# Where to get small amount of wool spun



## PricklyThistle (Feb 6, 2014)

I have a few Shetland sheep and I'll be looking for something to do with the wool once it's time. I would like to not sell it outright, but have it spun into yarn, as I have a friend who is willing to knit it for me. Problem is, it costs a fortune to send wool to have it spun at a professional spinners and it's not worth it for me and my small flock. Where does someone with a small amount of wool send it to get spun?


----------



## Taylor R. (Apr 3, 2013)

There's a program that Marchwind? is involved in where you can get a pound of fiber spun in exchange for a pound of fiber. At least I think that's how it works. Surely someone will come along and give more (or more accurate ) details.


----------



## PricklyThistle (Feb 6, 2014)

Thanks Taylor  looking forward to hearing more about it.


----------



## hotzcatz (Oct 16, 2007)

With a "few" Shetland sheep, you should have enough for a minimum run at a small fiber mill. Have you looked for a fiber mill in your area? Wouldn't you be able to get ten or twenty pounds of fleece from your sheep? That would be enough for many of the smaller mills to do a run.


----------



## Marchwind (May 10, 2002)

PricklyThistle if you are on FaceBook do a search for a group called, Spin a Pound Get a Pound. Growers post what they have they want spun and spinners pits if they are interested in spinning. The split us between the grower and the spinner. Sometimes it is a 50/50 split sometimes more.
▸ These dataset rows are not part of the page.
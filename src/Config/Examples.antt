-- ===== src/Config/Examples.antt =====
-- A configuration with two sections and two programs, and one with an index out of range.
use rinklers.Prelude.{ℕ, ◌≡◌, refl, List, [], ◌∷◌, map, false}
use rinklers.Section.{noop_section, log_section}
use rinklers.Config.{
  SectionConfig, from_section, to_sections, section_out_of_range, err, collect_results,
  to_prog_item, to_program, Config, to_programs,
}
use rinklers.Config.Programs.{
  to_sections-from_section, first_out_of, BuiltAll, Decided, to_programs-Decided,
}

abbrev lawn_and_beds : List SectionConfig
lawn_and_beds = record { name = "lawn" } ∷ record { name = "beds" } ∷ []

lawn_and_beds_kept :
    (map (λ s. from_section s) (to_sections lawn_and_beds) ≡ lawn_and_beds)
    × (map (λ s. log_section.state s) (to_sections lawn_and_beds) ≡ map (λ _. false) lawn_and_beds)
lawn_and_beds_kept = to_sections-from_section lawn_and_beds

-- schedules are numbers here
abbrev both : Config ℕ
both = record {
  sections = lawn_and_beds;
  programs =
      record {
        name = "all";
        sequence =
            record { section = 1; duration = 60 } ∷ record { section = 0; duration = 90 } ∷ [];
        schedule = 3;
      }
      ∷ record {
        name = "beds";
        sequence = record { section = 1; duration = 30 } ∷ [];
        schedule = 4;
      }
      ∷ [];
}

abbrev wrong : Config ℕ
wrong = record both {
  programs =
      record { name = "wrong"; sequence = record { section = 2; duration = 5 } ∷ []; schedule = 3 }
      ∷ both.programs;
}

both_built :
    Decided ℕ
      (70 ∷ 80 ∷ [])
      (BuiltAll ℕ (70 ∷ 80 ∷ []) both.programs)
      (first_out_of ℕ (70 ∷ 80 ∷ []) both.programs)
      (to_programs ℕ both (70 ∷ 80 ∷ []))
both_built = to_programs-Decided ℕ (70 ∷ 80 ∷ []) both

wrong_index : to_programs ℕ wrong (70 ∷ 80 ∷ []) ≡ err (section_out_of_range 2)
unfolding to_programs to_program to_prog_item collect_results
wrong_index = refl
A lot depends on the condition of the fibers and what you are expecting back. A dirty VM filled fleece is going to cost you if you are going to expect it cleaned and sorted, carded and spun to a specific size. Definitely read all the info on the pages and talk to people. There are a few other groups that do similar work, they are also good.


----------



## Taylor R. (Apr 3, 2013)

Thanks, Marchwind! I had seen it talked about multiple times, but apparently didn't absorb the details!!


----------



## Maura (Jun 6, 2004)

First I got sheep, then I got wool to be processed, then I got a spinning wheel. You might want to consider learning to spin.

Then I got 5 pitch combs made by Indigo Hound. No more sheep because we are moving to town, but I am still processing the last five fleeces.


----------



## MullersLaneFarm (Jul 23, 2004)

Shetlands produce what? 2-4 lb of unskirted fleece? I can see where you wouldn't meet a mill minimum if you have 3 or so sheep unless you kept it over 2 years.

I agree that your best bet would be in a program like Spin a Pound, Get a Pound.

That said, there is a reason that even mill spun is expensive. If you think you can get a better deal from a person doing this manually, then you need to think a bit harder.

I don't mean to sound flippant or cruel, but turning raw fiber into yarn isn't something that happens over night. You may get lucky and find either an inexperienced fiber person that will give you a good price on turning your raw fiber into a usable yarn at a good price or you will find an experienced fiber artist that just loves this craft so much they would almost pay you to do it for you.

Without trying to be harsh, may I ask why you keep fiber sheep if you don't know how to spin and aren't willing to spend the money into processing it or knitting it? I'm just curious is all.

Just because it sounds like you don't know what goes in to taking a raw fleece and turning it into yarn, I will expound on that.

If your sheep are not coated, you may or may not have good fleece to spin because of weather damage to the tips. Sun will make the tips brittle. This does not mean it can't be spun into yarn, just that those tips may break off in the process of turning it into yarn and could result in a prickly yarn. Same goes for stress in the sheep could produce weak spots in the staple that could break. Stress could be caused by feed change, lambing, a thunderstorm!!! ....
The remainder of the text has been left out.